Le tableau fragilisé et altéré par ses nombreux déplacements fait 3,61 mètres sur 5,98 mètres et pèse plus de 350 kilos avec son cadre ! C'est pourquoi la restauration se fera au musée d'Orsay où cette oeuvre emblématique est exposée, et en "live", devant le public.

Radiographie géante numérisée par le labo du C2RMF

Grâce à la radiographie du tableau réalisée en 1977, nécessitant 165 films, et dont le Centre de recherche et de restauration des musées de France (C2RMF) a numérisé chaque morceau, les restaurateurs disposeront d'une infinité de données sur la structure de la toile et l'élaboration de ce "tableau manifeste".
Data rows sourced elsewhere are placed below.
-- ===== src/Collect/Rebuild.antt =====
-- `TryInto<internal::Hierarchy>` and `Display` of the hierarchies of src/c_config/ns.rs.
use mathlib.Core.Path.{subst}
use checkc.Base.{
  ℕ, zero, suc, ◌+◌, ◌*◌, String, ◌≡◌, refl, ◌∙◌, sym, ap, Bool, true, false, not, ◌&&◌, ◌||◌, List,
  [], ◌∷◌, none, some, Outcome, ok, err, ◌>>=◌, arith, ◌==◌, nat_eq, if◌then◌else◌,
  conversion_failed, Bool-cases, inl, inr, ◌⊎◌, >>=-elim, length, unwrap,
}
use checkc.Base.Sets.{contains, extend, insert}
use checkc.Base.Text.{◌<>◌, show_ℕ}
use checkc.Proto.Ns.{NsId, NsType, ns_id_eq, ns_id_beq_iff, Hierarchy, Hierarchies, node, nil, cons}
use checkc.Collect.Kernel.{Kernel}
use checkc.Collect.Process.{get_pid_list}
use checkc.Collect.Namespaces.{
  Tree, Forest, branch, bare, grow, without, children_ids, forest_of, populate, hierarchies_from,
  hierarchy_from, find_root, id_map_of, create_hierarchy,
}

-- Whether a set of hierarchies has one of the given namespace: `Eq` and `Hash` look at nothing else.
unfoldable pub forest_contains : Forest → NsId → Bool
forest_contains bare x = false
forest_contains (grow (branch id children) rest) x = x == id || forest_contains rest x

unfoldable push_tree : Tree → Forest → Forest
push_tree tree bare = grow tree bare
push_tree tree (grow first rest) = grow first (push_tree tree rest)

-- `HashSet::insert`: a hierarchy that the set has stays. The set keeps the order of insertion.
unfoldable pub forest_insert : NsId → Forest → Forest → Forest
unfolding forest_contains push_tree
forest_insert id children forest =
    if forest_contains forest id then forest else push_tree (branch id children) forest

-- The loop over the children, on the set so far.
unfoldable pub hierarchies_try_into : Forest → Hierarchies → Outcome Forest
unfolding forest_insert
hierarchies_try_into children nil = ok children
hierarchies_try_into children (cons (node none below) rest) =
    err (conversion_failed "c_config::ns::hierarchy: field parent not set")
hierarchies_try_into children (cons (node (some id) below) rest) = do
  child_children ← hierarchies_try_into bare below
  hierarchies_try_into (forest_insert id child_children children) rest

unfoldable pub hierarchy_try_into : Hierarchy → Outcome Tree
unfolding hierarchies_try_into
hierarchy_try_into (node none below) =
    err (conversion_failed "c_config::ns::hierarchy: field parent not set")
hierarchy_try_into (node (some id) below) = do
  children ← hierarchies_try_into bare below
  ok (branch id children)

-- `{:indent$}` of a single space: the width is a lower bound.
unfoldable pub indent : ℕ → String
indent zero = " "
indent (suc zero) = " "
indent (suc (suc width)) = indent (suc width) <> " "

-- `display_helper` of each hierarchy of a set, on the same level.
unfoldable pub display_children : ℕ → Forest → String
unfolding indent
display_children level bare = ""
display_children level (grow (branch id children) rest) =
    let below = display_children (level + 1) children in
    let others = display_children level rest in
    indent (level * 4) <> "[" <> show_ℕ id.st_ino <> "]\n" <> below <> others

-- `Display`.
unfoldable pub display_hierarchy : Tree → String
unfolding display_children
display_hierarchy (branch id children) = display_children 0 (grow (branch id children) bare)

-- No two hierarchies of a set are of one namespace.
unfoldable pub is_set : Forest → Bool
unfolding forest_contains
is_set bare = true
is_set (grow (branch id children) rest) =
    not (forest_contains rest id) && is_set children && is_set rest

unfoldable forest_append : Forest → Forest → Forest
forest_append bare ys = ys
forest_append (grow x xs) ys = grow x (forest_append xs ys)

forest_append-bare : (xs : Forest) → forest_append xs bare ≡ xs
unfolding forest_append
forest_append-bare bare = refl
forest_append-bare (grow x xs) = ap (grow x) (forest_append-bare xs)

forest_append-push :
    (x : Tree) (xs ys : Forest) → forest_append (push_tree x xs) ys ≡ forest_append xs (grow x ys)
unfolding forest_append push_tree
forest_append-push x bare ys = refl
forest_append-push x (grow y xs) ys = ap (grow y) (forest_append-push x xs ys)

forest_contains-push :
    (id : NsId) (below xs : Forest) (x : NsId)
    → forest_contains (push_tree (branch id below) xs) x ≡ (forest_contains xs x || x == id)
unfolding forest_contains push_tree
forest_contains-push id below bare x = ground arith
forest_contains-push id below (grow (branch y ys) xs) x =
    ground (arith, forest_contains-push id below xs x)

push-apart :
    (acc : Forest) (id : NsId) (below rest : Forest) (x : NsId)
    → forest_contains rest id ≡ false
    → forest_contains rest x ≡ true
    → forest_contains acc x ≡ false
    → forest_contains (push_tree (branch id below) acc) x ≡ false
unfolding forest_contains
push-apart acc id below rest x fresh m apart = elim (Bool-cases (x == id)) [
  | inl y ↦ absurd (cc (m, fresh, (ns_id_beq_iff x id).0 y))
  | inr n ↦ ground (arith, n, apart, forest_contains-push id below acc x)
]

is_set-grow :
    (id : NsId) (below rest : Forest)
    → is_set (grow (branch id below) rest) ≡ true
    → (forest_contains rest id ≡ false) × (is_set below ≡ true) × (is_set rest ≡ true)
unfolding is_set
is_set-grow id below rest h = (ground (arith, h), ground (arith, h), ground (arith, h))

contains-first :
    (id : NsId) (below rest : Forest) → forest_contains (grow (branch id below) rest) id ≡ true
unfolding forest_contains
contains-first id below rest = ground (arith, ns_id_beq_iff id id)

contains-rest :
    (id : NsId) (below rest : Forest) (x : NsId)
    → forest_contains rest x ≡ true
    → forest_contains (grow (branch id below) rest) x ≡ true
unfolding forest_contains
contains-rest id below rest x m = ground (arith, m)

-- The conversion of a set that has nothing in common with the one so far.
hierarchies_try_into-from :
    (acc forest : Forest)
    → is_set forest ≡ true
    → ((x : NsId) → forest_contains forest x ≡ true → forest_contains acc x ≡ false)
    → hierarchies_try_into acc (hierarchies_from forest) ≡ ok (forest_append acc forest)
unfolding hierarchies_try_into hierarchies_from is_set forest_contains forest_insert forest_append
hierarchies_try_into-from acc bare h apart = ap ok (sym (forest_append-bare acc))
hierarchies_try_into-from acc (grow (branch id below) rest) h apart =
    let (fresh, below_set, rest_set) = is_set-grow id below rest h in
    let clear = apart id (contains-first id below rest) in
    let inner = hierarchies_try_into-from bare below below_set (λ x m. refl) in
    let outer =
      hierarchies_try_into-from (push_tree (branch id below) acc) rest rest_set (λ x m.
        push-apart acc id below rest x fresh m (apart x (contains-rest id below rest x m))) in
    rw (inner, clear) (outer ∙ ap ok (forest_append-push (branch id below) acc rest))

-- The hierarchy of the `.proto` file that a set of hierarchies is converted to gives it back.
pub hierarchy_try_into-from :
    (id : NsId) (forest : Forest)
    → is_set forest ≡ true
    → hierarchy_try_into (hierarchy_from (branch id forest)) ≡ ok (branch id forest)
unfolding hierarchy_try_into hierarchy_from forest_append
hierarchy_try_into-from id forest h =
    rw (hierarchies_try_into-from bare forest h (λ x m. refl)) refl

-- The namespaces below one are a set.
unfoldable is_distinct : List NsId → Bool
is_distinct [] = true
is_distinct (x ∷ xs) = not (contains xs x) && is_distinct xs

insert-is_distinct :
    (x : NsId) (xs : List NsId) → is_distinct xs ≡ true → is_distinct (insert x xs) ≡ true
unfolding is_distinct insert
insert-is_distinct x xs h = ground (arith, h)

extend-is_distinct : (xs ys : List NsId) → is_distinct xs ≡ true → is_distinct (extend xs ys) ≡ true
unfolding extend
extend-is_distinct xs [] h = h
extend-is_distinct xs (y ∷ ys) h = extend-is_distinct (insert y xs) ys (insert-is_distinct y xs h)

forest_of-contains :
    (children : NsId → Forest) (ids : List NsId) (x : NsId)
    → forest_contains (forest_of children ids) x ≡ contains ids x
unfolding forest_of forest_contains contains
forest_of-contains children [] x = refl
forest_of-contains children (id ∷ ids) x = ground (arith, forest_of-contains children ids x)

forest_of-is_set :
    (children : NsId → Forest) (ids : List NsId)
    → ((x : NsId) → is_set (children x) ≡ true)
    → is_distinct ids ≡ true
    → is_set (forest_of children ids) ≡ true
unfolding forest_of is_set is_distinct
forest_of-is_set children [] each h = refl
forest_of-is_set children (id ∷ ids) each h =
    ground
      (arith, h, each id, forest_of-contains children ids id, forest_of-is_set children ids each)

populate-is_set :
    (fuel : ℕ) (parent_id : NsId) (id_map : List (NsId × NsId))
    → is_set (populate fuel parent_id id_map) ≡ true
unfolding populate children_ids is_distinct is_set
populate-is_set zero parent_id id_map = refl
populate-is_set (suc fuel) parent_id id_map =
    forest_of-is_set _ _ (λ x. populate-is_set fuel x (without parent_id id_map))
      (extend-is_distinct [] _ refl)

module _ (kernel : Kernel) (get_parent : NsId → ℕ ⊎ NsId) where
  -- A created hierarchy, converted to the message of the `.proto` file and back, is the same again, where
  -- a set is in the order of insertion: no two children of a namespace are equal, at any depth, so the
  -- sets lose none.
  pub create_hierarchy-try_into :
      (fuel : ℕ) (ns_type : NsType) (tree : Tree)
      → create_hierarchy kernel get_parent fuel ns_type ≡ ok tree
      → hierarchy_try_into (hierarchy_from tree) ≡ ok tree
  unfolding create_hierarchy
  create_hierarchy-try_into fuel ns_type tree h = >>=-elim (get_pid_list kernel) _ h λ pids p h1.
      >>=-elim (id_map_of kernel get_parent fuel ns_type pids) _ h1 λ id_map q h2.
        >>=-elim (unwrap (find_root id_map)) _ h2 λ root r h3.
          subst (λ t. hierarchy_try_into (hierarchy_from t) ≡ ok t) (cc h3)
            (hierarchy_try_into-from root _ (populate-is_set (length id_map) root id_map))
"Le tableau comprend sept lès de toile différentes, dont on voit très bien les joints à la radio", explique à Bruno Mottin, conservateur en chef du patrimoine, chef de la filière peinture du C2RMF, devant l'immense radio installée sur un négatoscope, un grand panneau lumineux. "C'est la deuxième plus grande radiographie de tableau jamais réalisée après celle des Noces de Cana de Véronèse", s'enthousiasme-t-il. "La radio permet de voir les repeints, les compositions successives..."  Gustave Courbet (1819-1877) faisait très peu d'esquisses préliminaires et se lançait d'emblée sur la toile, n'hésitant pas à changer de format, à modifier une première version, à ajouter ou retirer des personnages.
Bruno Mottin observe des détails de la radio géante numérisée de "L'Atelier du peintre" de Courbet.
 (PATRICK KOVARIK / AFP)
   
Faut-il faire ressurgir les fantômes du tableau ?

Ainsi, les rayons X dévoilent la maîtresse de Baudelaire effacée par Courbet à la demande du poète, dont la silhouette fantomatique se devine aujourd'hui sur la toile, l'ajout de l'enfant, le déplacement du chat, la correction de la chute de rein du modèle, la palette du peintre, ronde avant de devenir rectangulaire, ou encore un vétéran caché par le fameux braconnier peint sous les traits de Napoléon III...

A ces clichés radio numérisés s'ajoutent les photos du tableau prises en lumière directe à Orsay, les images infrarouge en fausses couleurs où l'on voit bien les repeints, celles en réflectographie infrarouge... "Et l'on peut tout superposer sur ordinateur pour analyser les changements dans la composition et les contours", relève le conservateur.

"Sur la radiographie, on voit plus l'ébauche du tableau que l'oeuvre finale. Certaines figures n'apparaissent pas à la radio, la matière étant trop légère, tandis que d'autres, disparues de la composition finale, sont révélées", poursuit Bruno Mottin. "Les restaurateurs ne chercheront pas à faire ressurgir les fantômes mais ils s'appuieront sur toutes nos images pour savoir par exemple où la toile est la plus fragile, là où il ne faut pas trop insister... Tout un ensemble d'informations précieuses qui aideront au minutieux travail de restauration".

Un labo soigneusement protégé

De gigantesques portes blindées métalliques défendent au Louvre l'accès au C2RMF, temple de la science et de l'art aux allures de bunker, situé sur 6.500 m2 sous le jardin des Tuileries. L'architecture intérieure évoque un navire englouti avec hublots et passerelles menant aux diverses salles équipées des appareils les plus perfectionnés dont Aglaé, l'unique accélérateur de particules au monde consacré  exclusivement au patrimoine. Les ateliers de restauration se répartissent eux entre le Pavillon de Flore  du Louvre et la Petite écurie du roi à Versailles.